In fact, recent events reinforce the wisdom of the Constitution. Had Clinton received congressional approval, cynics calling this a Wag the Dog diversion would have been quieted.

"The reason the framers wanted the president to go to Congress before going to war was that they were afraid someone in that office might make war for their own aggrandizement or own motivation," explains Ratner. "What they were afraid of is pretty relevant today."

Rather than clear the waters, the War Powers Act confuses the matter with loopholes for a president to launch attacks without notice or congressional approval. In the opinion of retired Admiral Eugene Carroll, the law itself is unconstitutional. The problem is, Congress has failed to meet its responsibility and challenge the act.

"If I was a member of the Supreme Court, I would have found against both Reagan (Grenada) and Bush (Panama) for creating an illegal state of war. Both were impeachable offenses. I don't think Congress is fulfilling its constitutional obligation," says Carroll, deputy director of the Center for Defense Information, a Washington advocacy group run by former senior military personnel.

Neither does Francis Boyle, professor of international law at the University of Illinois College of Law.
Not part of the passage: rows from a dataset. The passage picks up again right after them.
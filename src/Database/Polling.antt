-- ===== src/Database/Polling.antt =====
-- The write of `update_sandbox_creation` with `skip_unchanged`: polling the provider again does not
-- advance the revision.
use gg_agent_server.Prelude.{ℕ, String, ◌≡◌, refl, ap, subst, Option, inl, inr}
use gg_agent_server.Result.{Result, Result-cases, ok, err}
use gg_agent_server.Ledger.Rows.{SandboxProviderState, SandboxCreationRecord, Ledger}
use gg_agent_server.Ledger.Sandboxes.{update_sandbox_creation}
use gg_agent_server.Ledger.Sandboxes.Unchanged.{update_sandbox_creation-again}
use gg_agent_server.Database.{Database, write_skip_unchanged}

abbrev pub poll :
    String
    → Option String
    → SandboxProviderState
    → Option String
    → ℕ
    → Database
    → Result SandboxCreationRecord × Database
poll id provider_id state detail now db =
    write_skip_unchanged (update_sandbox_creation id provider_id state detail now) db

write_skip_unchanged_none :
    {A : Type 0} (body : Ledger → Result (A × Ledger × ℕ)) (db : Database) {a : A}
    → body db.ledger ≡ ok (a, db.ledger, 0)
    → write_skip_unchanged body db ≡ (ok a, db)
unfolding write_skip_unchanged
write_skip_unchanged_none body db h = rw (h, write_skip_unchanged) refl

-- Once the state that the provider reports has been written, the same report at a later time returns
-- the same row and leaves the whole database as it is, its revision included.
pub poll-again :
    (id : String) (provider_id : Option String) (state : SandboxProviderState)
    (detail : Option String) (now later : ℕ) (db : Database) {row : SandboxCreationRecord}
    {db' : Database}
    → poll id provider_id state detail now db ≡ (ok row, db')
    → poll id provider_id state detail later db' ≡ (ok row, db')
unfolding write_skip_unchanged
poll-again id provider_id state detail now later db {row} {db'} h =
    elim (Result-cases (update_sandbox_creation id provider_id state detail now db.ledger)) [
      | inr (e, f) ↦
          let failed = rw (write_skip_unchanged, f) at h in
          let never : err e ≡ ok row = ap (λ p. p.0) failed in cc never
      | inl ((found, l', changes), f) ↦
          let done = rw (write_skip_unchanged, f) at h in
          let found_eq : ok found ≡ ok row = ap (λ p. p.0) done in
          let row_eq : found ≡ row = cc found_eq in
          let ledger_eq : l' ≡ db'.ledger = ap (λ p. p.1.ledger) done in
          let again =
            update_sandbox_creation-again id provider_id state detail now later db.ledger f in
          let same =
            subst
              (λ m. update_sandbox_creation id provider_id state detail later m ≡ ok (found, m, 0))
              ledger_eq again in
          subst
            (λ r.
              write_skip_unchanged (update_sandbox_creation id provider_id state detail later) db'
              ≡ (ok r, db'))
            row_eq
            (write_skip_unchanged_none (update_sandbox_creation id provider_id state detail later)
              db' same)
    ]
"The war powers clause of the United States Constitution, Article I, Section 8, expressly requires authorization by Congress before the President can engage in acts of war, unless there is a direct attack upon the United States," says Boyle. "Clinton has also violated the War Powers Resolution of 1973 that was enacted by Congress over President Nixon's veto in order to prevent a repetition of the Vietnam War scenario, where Americans were misled by repeated presidential lies, misrepresentations, deceits and falsehoods at every step of the way."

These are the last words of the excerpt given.